*Exercise input*
-.-.-
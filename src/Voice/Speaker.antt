-- ===== src/Voice/Speaker.antt =====
-- voice/voice.go: `speaker`, and what `run` gives it of the agent's events. Package regexp makes
-- `Speakable`, which is a parameter here. The queue holds the chunks in the order of their sending;
-- that each is synthesized in a goroutine of its own is left out.
pub mod Spoken
use aikido.Prelude.{
  ℕ, suc, ◌+◌, Option, none, some, List, [], ◌∷◌, ◌++◌, Bytes, is_empty, if◌then◌else◌,
}
use aikido.Agent.Event.{Event}
use aikido.Voice.Sentences.{Split, split_sentences}

pub record SpeechChunk : Type 0 where
  pub seq : ℕ
  pub text : Bytes

pub record Speaker : Type 0 where
  pub buf : Bytes
  pub seq : ℕ
  pub queue : List SpeechChunk

abbrev pub new_speaker : Speaker
new_speaker = record { buf = []; seq = 0; queue = [] }

abbrev pub or_panic : Option Speaker → (Speaker → Option Speaker) → Option Speaker
or_panic none on = none
or_panic (some s) on = on s

module _ (speakable : Bytes → Bytes) where
  abbrev pub speak : Bytes → Speaker → Speaker
  speak text s =
      let spoken = speakable text in
      if is_empty spoken then s else record s {
        seq = s.seq + 1;
        queue = s.queue ++ record { seq = s.seq; text = spoken } ∷ [];
      }

  abbrev pub speak_all : List Bytes → Speaker → Speaker
  speak_all [] s = s
  speak_all (t ∷ ts) s = speak_all ts (speak t s)

  abbrev pub keep_rest : Speaker → Option Split → Option Speaker
  keep_rest s none = none
  keep_rest s (some (sentences, rest)) = some (speak_all sentences (record s { buf = rest }))

  -- none is a panic of `splitSentences`
  unfoldable pub feed : Bytes → Speaker → Option Speaker
  feed delta s = keep_rest s (split_sentences (s.buf ++ delta))

  unfoldable pub flush : Speaker → Speaker
  flush s = record (speak s.buf s) { buf = [] }

  -- the case of `run` for an event
  unfoldable pub hear : Event → Speaker → Option Speaker
  unfolding feed flush
  hear (Event.text t) s = feed t s
  hear (Event.tool_call c) s = some (flush s)
  hear _ s = some s

  -- the loop over the agent's events, and `close`
  unfoldable pub speak_run : List Event → Speaker → Option Speaker
  unfolding hear
  speak_run [] s = some (flush s)
  speak_run (e ∷ es) s = or_panic (hear e s) (λ s'. speak_run es s')
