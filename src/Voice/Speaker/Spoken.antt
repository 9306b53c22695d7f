-- ===== src/Voice/Speaker/Spoken.antt =====
-- What the `speaker` of voice/voice.go says of an answer.
use mathlib.Core.Path.{subst}
use aikido.Prelude.{
  ℕ, ◌+◌, true, Option, some, List, [], ◌∷◌, ◌++◌, Bytes, length, is_empty, append-nil,
  append_assoc, length-append, if◌then◌else◌, if_cases, ◌≡◌, refl, sym, ap, ◌∙◌, arith, Bool-cases,
  inl, inr,
}
use aikido.Agent.Event.{Event}
use aikido.Voice.Sentences.{trimmed}
use aikido.Voice.Sentences.Lossless.{Cuts, rest, sentence, blank, split_sentences-Cuts}
use aikido.Voice.Speaker.{
  SpeechChunk, Speaker, new_speaker, speak, speak_all, keep_rest, flush, or_panic, speak_run,
}

-- the texts of the events, joined
abbrev pub text_of : Event → Bytes
text_of (Event.text t) = t
text_of _ = []

abbrev pub texts_of : List Event → Bytes
texts_of [] = []
texts_of (e ∷ es) = text_of e ++ texts_of es

-- a text is cut into pieces that go to `speak`, white space that does not, and the rest
pub data Pieces : Bytes → List Bytes → Bytes → Type 0 where
  at_end : {r : Bytes} → Pieces r [] r
  piece : (s : Bytes) {t r : Bytes} {ss : List Bytes} → Pieces t ss r → Pieces (s ++ t) (s ∷ ss) r
  gap :
      (s : Bytes) {t r : Bytes} {ss : List Bytes}
      → is_empty (trimmed s) ≡ true
      → Pieces t ss r
      → Pieces (s ++ t) ss r

Cuts-Pieces : {t r : Bytes} {ss : List Bytes} → Cuts t ss r → Pieces t ss r
Cuts-Pieces rest = at_end
Cuts-Pieces (sentence s b c) = piece s (Cuts-Pieces c)
Cuts-Pieces (blank s b c) = gap s b (Cuts-Pieces c)

-- more text behind the rest
Pieces-append :
    {t r r' : Bytes} {ss ss' : List Bytes} (d : Bytes)
    → Pieces t ss r
    → Pieces (r ++ d) ss' r'
    → Pieces (t ++ d) (ss ++ ss') r'
Pieces-append d at_end p = p
Pieces-append {r' = r'} {ss' = ss'} d (piece s {t} {r} {ss} c) p =
    subst (λ x. Pieces x (s ∷ ss ++ ss') r') (sym (append_assoc s t d))
      (piece s (Pieces-append d c p))
Pieces-append {r' = r'} {ss' = ss'} d (gap s {t} {r} {ss} b c) p =
    subst (λ x. Pieces x (ss ++ ss') r') (sym (append_assoc s t d)) (gap s b (Pieces-append d c p))

abbrev pub numbered : ℕ → List Bytes → List SpeechChunk
numbered n [] = []
numbered n (t ∷ ts) = record { seq = n; text = t } ∷ numbered (n + 1) ts

numbered-append :
    (n : ℕ) (ts us : List Bytes)
    → numbered n (ts ++ us) ≡ numbered n ts ++ numbered (n + length ts) us
numbered-append n [] us = ap (λ k. numbered k us) (omega arith)
numbered-append n (t ∷ ts) us =
    ap (◌∷◌ (record { seq = n; text = t }))
      (numbered-append (n + 1) ts us ∙ ap (λ k. numbered (n + 1) ts ++ numbered k us) (omega arith))

module _ (speakable : Bytes → Bytes) where
  -- what is said of the pieces
  abbrev pub said_one : Bytes → List Bytes
  said_one p = if is_empty (speakable p) then [] else speakable p ∷ []

  abbrev pub said : List Bytes → List Bytes
  said [] = []
  said (p ∷ ps) = said_one p ++ said ps

  said-append : (ps qs : List Bytes) → said (ps ++ qs) ≡ said ps ++ said qs
  said-append [] qs = refl
  said-append (p ∷ ps) qs =
      ap (λ l. said_one p ++ l) (said-append ps qs)
      ∙ sym (append_assoc (said_one p) (said ps) (said qs))

  -- the chunks for the pieces, behind the ones so far
  record Says (s : Speaker) (ps : List Bytes) (s' : Speaker) : Type 0 where
    queued : s'.queue ≡ s.queue ++ numbered s.seq (said ps)
    counted : s'.seq ≡ s.seq + length (said ps)

  Says-append :
      (s s' s'' : Speaker) (ps qs : List Bytes)
      → Says s ps s'
      → Says s' qs s''
      → Says s (ps ++ qs) s''
  Says-append s s' s'' ps qs a b = record {
    queued =
        b.queued
        ∙ ap (λ l. l ++ numbered s'.seq (said qs)) a.queued
        ∙ append_assoc s.queue _ _
        ∙ ap (λ l. s.queue ++ l)
            (ap (λ k. numbered s.seq (said ps) ++ numbered k (said qs)) a.counted
              ∙ sym (numbered-append s.seq (said ps) (said qs))
              ∙ ap (numbered s.seq) (sym (said-append ps qs)));
    counted = omega (
      arith,
      b.counted,
      a.counted,
      length-append (said ps) (said qs),
      ap (length {A = Bytes}) (said-append ps qs),
    );
  }

  speak-Says : (t : Bytes) (s : Speaker) → Says s (t ∷ []) (speak speakable t s)
  speak-Says t s = elim (Bool-cases (is_empty (speakable t))) [
    | inl e ↦ record { queued = rw e (sym (append-nil s.queue)); counted = rw e (omega arith) }
    | inr e ↦ record { queued = rw e refl; counted = rw e refl }
  ]

  speak-buf : (t : Bytes) (s : Speaker) → (speak speakable t s).buf ≡ s.buf
  speak-buf t s =
      if_cases (λ (r : Speaker). r.buf ≡ s.buf) (is_empty (speakable t)) (λ _. refl) (λ _. refl)

  speak_all-Says : (ts : List Bytes) (s : Speaker) → Says s ts (speak_all speakable ts s)
  speak_all-Says [] s = record { queued = sym (append-nil s.queue); counted = omega arith }
  speak_all-Says (t ∷ ts) s =
      Says-append s _ _ (t ∷ []) ts (speak-Says t s) (speak_all-Says ts (speak speakable t s))

  speak_all-buf : (ts : List Bytes) (s : Speaker) → (speak_all speakable ts s).buf ≡ s.buf
  speak_all-buf [] s = refl
  speak_all-buf (t ∷ ts) s = speak_all-buf ts (speak speakable t s) ∙ speak-buf t s

  abbrev Speaks : Bytes → Speaker → Option Speaker → Type 0
  Speaks text s o =
      (ps : List Bytes) × (s' : Speaker) × (o ≡ some s') × Pieces text ps [] × Says s ps s'

  -- one piece or sentences first, and then what follows
  joined :
      (s mid : Speaker) (ts : List Bytes) (d : Bytes) (es : List Event) (o : Option Speaker)
      → Pieces (s.buf ++ d) ts mid.buf
      → Says s ts mid
      → Speaks (mid.buf ++ texts_of es) mid o
      → Speaks (s.buf ++ (d ++ texts_of es)) s o
  joined s mid ts d es o p a (ps, s', e, q, b) = (
    ts ++ ps,
    s',
    e,
    subst (λ x. Pieces x (ts ++ ps) []) (append_assoc s.buf d (texts_of es))
        (Pieces-append (texts_of es) p q),
    Says-append s mid s' ts ps a b,
  )

  flush-Says : (s : Speaker) → Says s (s.buf ∷ []) (flush speakable s)
  unfolding flush
  flush-Says s = let a = speak-Says s.buf s in record { queued = a.queued; counted = a.counted }

  flush-buf : (s : Speaker) → (flush speakable s).buf ≡ []
  unfolding flush
  flush-buf s = refl

  -- the whole buffer is a piece
  all_of : (b : Bytes) → Pieces b (b ∷ []) []
  all_of b = subst (λ x. Pieces x (b ∷ []) []) (append-nil b) (piece b at_end)

  split_text :
      (s : Speaker) (d : Bytes) (r : Bytes) (ss : List Bytes) (es : List Event)
      (on : Speaker → Option Speaker)
      → Cuts (s.buf ++ d) ss r
      → ((mid : Speaker) → Speaks (mid.buf ++ texts_of es) mid (on mid))
      → Speaks (s.buf ++ (d ++ texts_of es)) s (or_panic (keep_rest speakable s (some (ss, r))) on)
  split_text s d r ss es on c h =
      let mid = speak_all speakable ss (record s { buf = r }) in
      let a = speak_all-Says ss (record s { buf = r }) in
      joined s mid ss d es (on mid)
        (subst (λ b. Pieces (s.buf ++ d) ss b) (sym (speak_all-buf ss (record s { buf = r })))
          (Cuts-Pieces c))
        (record { queued = a.queued; counted = a.counted }) (h mid)

  speak_run-Speaks :
      (es : List Event) (s : Speaker) → Speaks (s.buf ++ texts_of es) s (speak_run speakable es s)
  unfolding speak_run
  speak_run-Speaks [] s =
      (s.buf ∷ [], flush speakable s, refl, rw (append-nil s.buf) (all_of s.buf), flush-Says s)
  speak_run-Speaks (Event.text d ∷ es) s =
      let (ss, r, e, c) = split_sentences-Cuts (s.buf ++ d) in
      subst
        (λ o.
          Speaks (s.buf ++ (d ++ texts_of es)) s
            (or_panic (keep_rest speakable s o) (λ s'. speak_run speakable es s')))
        (sym e) (split_text s d r ss es (speak_run speakable es) c (speak_run-Speaks es))
  speak_run-Speaks (Event.tool_call c ∷ es) s =
      joined s (flush speakable s) (s.buf ∷ []) [] es _ (rw (append-nil s.buf) (all_of s.buf))
        (flush-Says s) (speak_run-Speaks es (flush speakable s))
  speak_run-Speaks (Event.thinking t ∷ es) s = speak_run-Speaks es s
  speak_run-Speaks (Event.tool_result t ∷ es) s = speak_run-Speaks es s
  speak_run-Speaks (Event.image t ∷ es) s = speak_run-Speaks es s
  speak_run-Speaks (Event.usage t ∷ es) s = speak_run-Speaks es s
  speak_run-Speaks (Event.error t ∷ es) s = speak_run-Speaks es s
  speak_run-Speaks (Event.end t ∷ es) s = speak_run-Speaks es s

  -- The speaker of a turn does not panic. The text of the answer is cut, without its order changed,
  -- into pieces and white space that stands between them; the chunks are what `Speakable` makes of
  -- the pieces, where that is not empty, in order and numbered from 0 without a gap.
  pub speak_run_lem :
      (es : List Event)
      → (ps : List Bytes) × (s : Speaker) × (speak_run speakable es new_speaker ≡ some s)
        × Pieces (texts_of es) ps []
        × (s.queue ≡ numbered 0 (said ps))
  speak_run_lem es =
      let (ps, s, e, p, a) = speak_run-Speaks es new_speaker in (ps, s, e, p, a.queued)
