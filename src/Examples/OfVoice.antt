-- ===== src/Examples/OfVoice.antt =====
-- The theorems on the speaker of a turn, where what is spoken is a piece without white space around it.
use aikido.Prelude.{List, [], ◌∷◌, none, some, Bytes, codes, ◌≡◌, refl}
use aikido.Prelude.Runes.{range_from}
use aikido.Agent.Event.{Event}
use aikido.Openrouter.Content.{trim_space}
use aikido.Voice.Sentences.{split_sentences}
use aikido.Voice.Sentences.Lossless.{Cuts, split_sentences-Cuts}
use aikido.Voice.Speaker.{Speaker, new_speaker, speak_run}
use aikido.Voice.Speaker.Spoken.{Pieces, texts_of, numbered, said, speak_run_lem}

abbrev reply : Bytes
reply = codes "It is 3.5 Euro. Ja. Then\n\nmore!"

split_sentences-Cuts_example :
    (ss : List Bytes) × (r : Bytes) × (split_sentences reply ≡ some (ss, r)) × Cuts reply ss r
split_sentences-Cuts_example = split_sentences-Cuts reply

-- a sentence in two parts, a tool call in the next, and a text
abbrev answer : List Event
answer =
    Event.text (codes "The price is 3.")
    ∷ Event.text (codes "5 Euro. Let me")
    ∷ Event.tool_call none
    ∷ Event.text (codes " Done.")
    ∷ []

speak_run_lem_example :
    (ps : List Bytes) × (s : Speaker) × (speak_run trim_space answer new_speaker ≡ some s)
    × Pieces (texts_of answer) ps []
    × (s.queue ≡ numbered 0 (said trim_space ps))
speak_run_lem_example = speak_run_lem trim_space answer

spoken_answer :
    speak_run trim_space answer new_speaker
    ≡ some (record {
      buf = [];
      seq = 3;
      queue =
          record { seq = 0; text = codes "The price is 3.5 Euro." }
          ∷ record { seq = 1; text = codes "Let me" }
          ∷ record { seq = 2; text = codes "Done." }
          ∷ [];
    })
unfolding speak_run range_from split_sentences trim_space
spoken_answer = refl
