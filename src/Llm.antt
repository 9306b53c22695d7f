-- ===== src/Llm.antt =====
-- llm/: the provider-agnostic types and helpers.
pub mod Types
pub mod Collect
pub mod Levenshtein
pub mod Vocabulary
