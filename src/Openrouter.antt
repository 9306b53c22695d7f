-- ===== src/Openrouter.antt =====
-- llm/openrouter: the OpenRouter client's decoder of a streamed answer.
pub mod Wire
pub mod Assembler
pub mod Content
pub mod Stream
pub mod Failures
pub mod Request
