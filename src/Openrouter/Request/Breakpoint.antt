-- ===== src/Openrouter/Request/Breakpoint.antt =====
-- Where `buildContentParts` of llm/openrouter/api_types.go puts the cache breakpoint.
use aikido.Prelude.{Option, none, some, List, [], ◌∷◌, ◌++◌, map, ◌≡◌, refl, ap, Bytes, All}
use aikido.Llm.Types.{Message}
use aikido.Openrouter.Request.{
  PartBody, ContentPart, Marshal, part, mark_last, or_stub, ttl_of, with_breakpoint, bodies,
  build_content_parts,
}

abbrev pub Unmarked : ContentPart → Type 0
Unmarked p = p.cache_control ≡ none

-- the last part has the breakpoint, and no other
pub record EndsMarked (ttl : Option Bytes) (ps : List ContentPart) : Type 0 where
  pub front : List ContentPart
  pub last : ContentPart
  pub split : ps ≡ front ++ last ∷ []
  pub marked : last.cache_control ≡ some ttl
  pub others : All Unmarked front

part-Unmarked : (bs : List PartBody) → All Unmarked (map part bs)
part-Unmarked [] = tt
part-Unmarked (b ∷ bs) = (refl, part-Unmarked bs)

mark_last-EndsMarked :
    (ttl : Option Bytes) (p : ContentPart) (ps : List ContentPart)
    → All Unmarked (p ∷ ps)
    → EndsMarked ttl (mark_last ttl (p ∷ ps))
unfolding mark_last
mark_last-EndsMarked ttl p [] a = record {
  front = [];
  last = record p { cache_control = some ttl };
  split = refl;
  marked = refl;
  others = tt;
}
mark_last-EndsMarked ttl p (q ∷ ps) (h, a) =
    let r = mark_last-EndsMarked ttl q ps a in
    record {
      front = p ∷ r.front;
      last = r.last;
      split = ap (λ l. p ∷ l) r.split;
      marked = r.marked;
      others = (h, r.others);
    }

stub-EndsMarked :
    (ttl : Bytes) (bs : List PartBody)
    → EndsMarked (ttl_of ttl) (with_breakpoint (some ttl) (or_stub (map part bs)))
stub-EndsMarked ttl [] = mark_last-EndsMarked (ttl_of ttl) _ [] (refl, tt)
stub-EndsMarked ttl (b ∷ bs) =
    mark_last-EndsMarked (ttl_of ttl) (part b) (map part bs) (refl, part-Unmarked bs)

-- The parts of a message with a cache breakpoint have it on the last one and on no other, with the
-- lifetime of one hour only where the message asks for it; a message without text, images and audio
-- has one part to bear it.
pub build_content_parts-EndsMarked :
    (j : Marshal) (m : Message) (ttl : Bytes)
    → m.cache ≡ some ttl
    → EndsMarked (ttl_of ttl) (build_content_parts j m)
unfolding build_content_parts
build_content_parts-EndsMarked j m ttl h = rw h (stub-EndsMarked ttl (bodies j m))
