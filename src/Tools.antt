-- ===== src/Tools.antt =====
-- tools/: handlers and the registry that dispatches to them.
pub mod Handler
pub mod Registry
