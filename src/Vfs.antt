-- ===== src/Vfs.antt =====
-- vfs/: paths, content types, the storage contract and the in-memory backend.
pub mod Path
pub mod ContentType
pub mod Storage
pub mod Memory
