-- ===== src/World/Nbt/Get.antt =====
-- The fields of a compound: `get_string`, `get_int`, `get_compound` and `get_list` of
-- crates/mc-world/src/nbt.rs, and the lookups that crates/mc-world/src/chunk.rs writes out.
use pico_server_rs.Base.{ℕ, List, Option, none, some, if◌then◌else◌, and_then}
use pico_server_rs.Base.Words.{Bytes}
use pico_server_rs.World.Text.{same_text}
use pico_server_rs.World.Nbt.{
  NbtValue, byte, int, string, list, compound, long_array, NbtItems, NbtEntries, done, entry,
}

-- `entries.iter().find(|(k, _)| k == key)`, the value of the first entry with that name.
unfoldable pub find : Bytes → NbtEntries → Option NbtValue
find key done = none
find key (entry name v es) = if same_text name key then some v else find key es

abbrev pub as_byte : NbtValue → Option ℕ
as_byte (byte b) = some b
as_byte _ = none

abbrev pub as_int : NbtValue → Option ℕ
as_int (int i) = some i
as_int _ = none

abbrev pub as_string : NbtValue → Option Bytes
as_string (string s) = some s
as_string _ = none

abbrev pub as_list : NbtValue → Option NbtItems
as_list (list xs) = some xs
as_list _ = none

abbrev pub as_compound : NbtValue → Option NbtEntries
as_compound (compound es) = some es
as_compound _ = none

abbrev pub as_long_array : NbtValue → Option (List ℕ)
as_long_array (long_array vs) = some vs
as_long_array _ = none

-- `NbtValue::get_string`.
unfoldable pub get_string : NbtValue → Bytes → Option Bytes
unfolding find
get_string v key = and_then (as_compound v) (λ es. and_then (find key es) as_string)

-- `NbtValue::get_int`.
unfoldable pub get_int : NbtValue → Bytes → Option ℕ
unfolding find
get_int v key = and_then (as_compound v) (λ es. and_then (find key es) as_int)

-- `NbtValue::get_compound`.
unfoldable pub get_compound : NbtValue → Bytes → Option NbtEntries
unfolding find
get_compound v key = and_then (as_compound v) (λ es. and_then (find key es) as_compound)

-- `NbtValue::get_list`.
unfoldable pub get_list : NbtValue → Bytes → Option NbtItems
unfolding find
get_list v key = and_then (as_compound v) (λ es. and_then (find key es) as_list)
-.-.-
*Exercise description*
Search the data above for the word "Prelude", then gather each line in which it appears.

*Result*
use aikido.Prelude.{
use aikido.Prelude.{
use aikido.Prelude.{List, [], ◌∷◌, none, some, Bytes, codes, ◌≡◌, refl}
use aikido.Prelude.Runes.{range_from}
use aikido.Prelude.{Option, none, some, List, [], ◌∷◌, ◌++◌, map, ◌≡◌, refl, ap, Bytes, All}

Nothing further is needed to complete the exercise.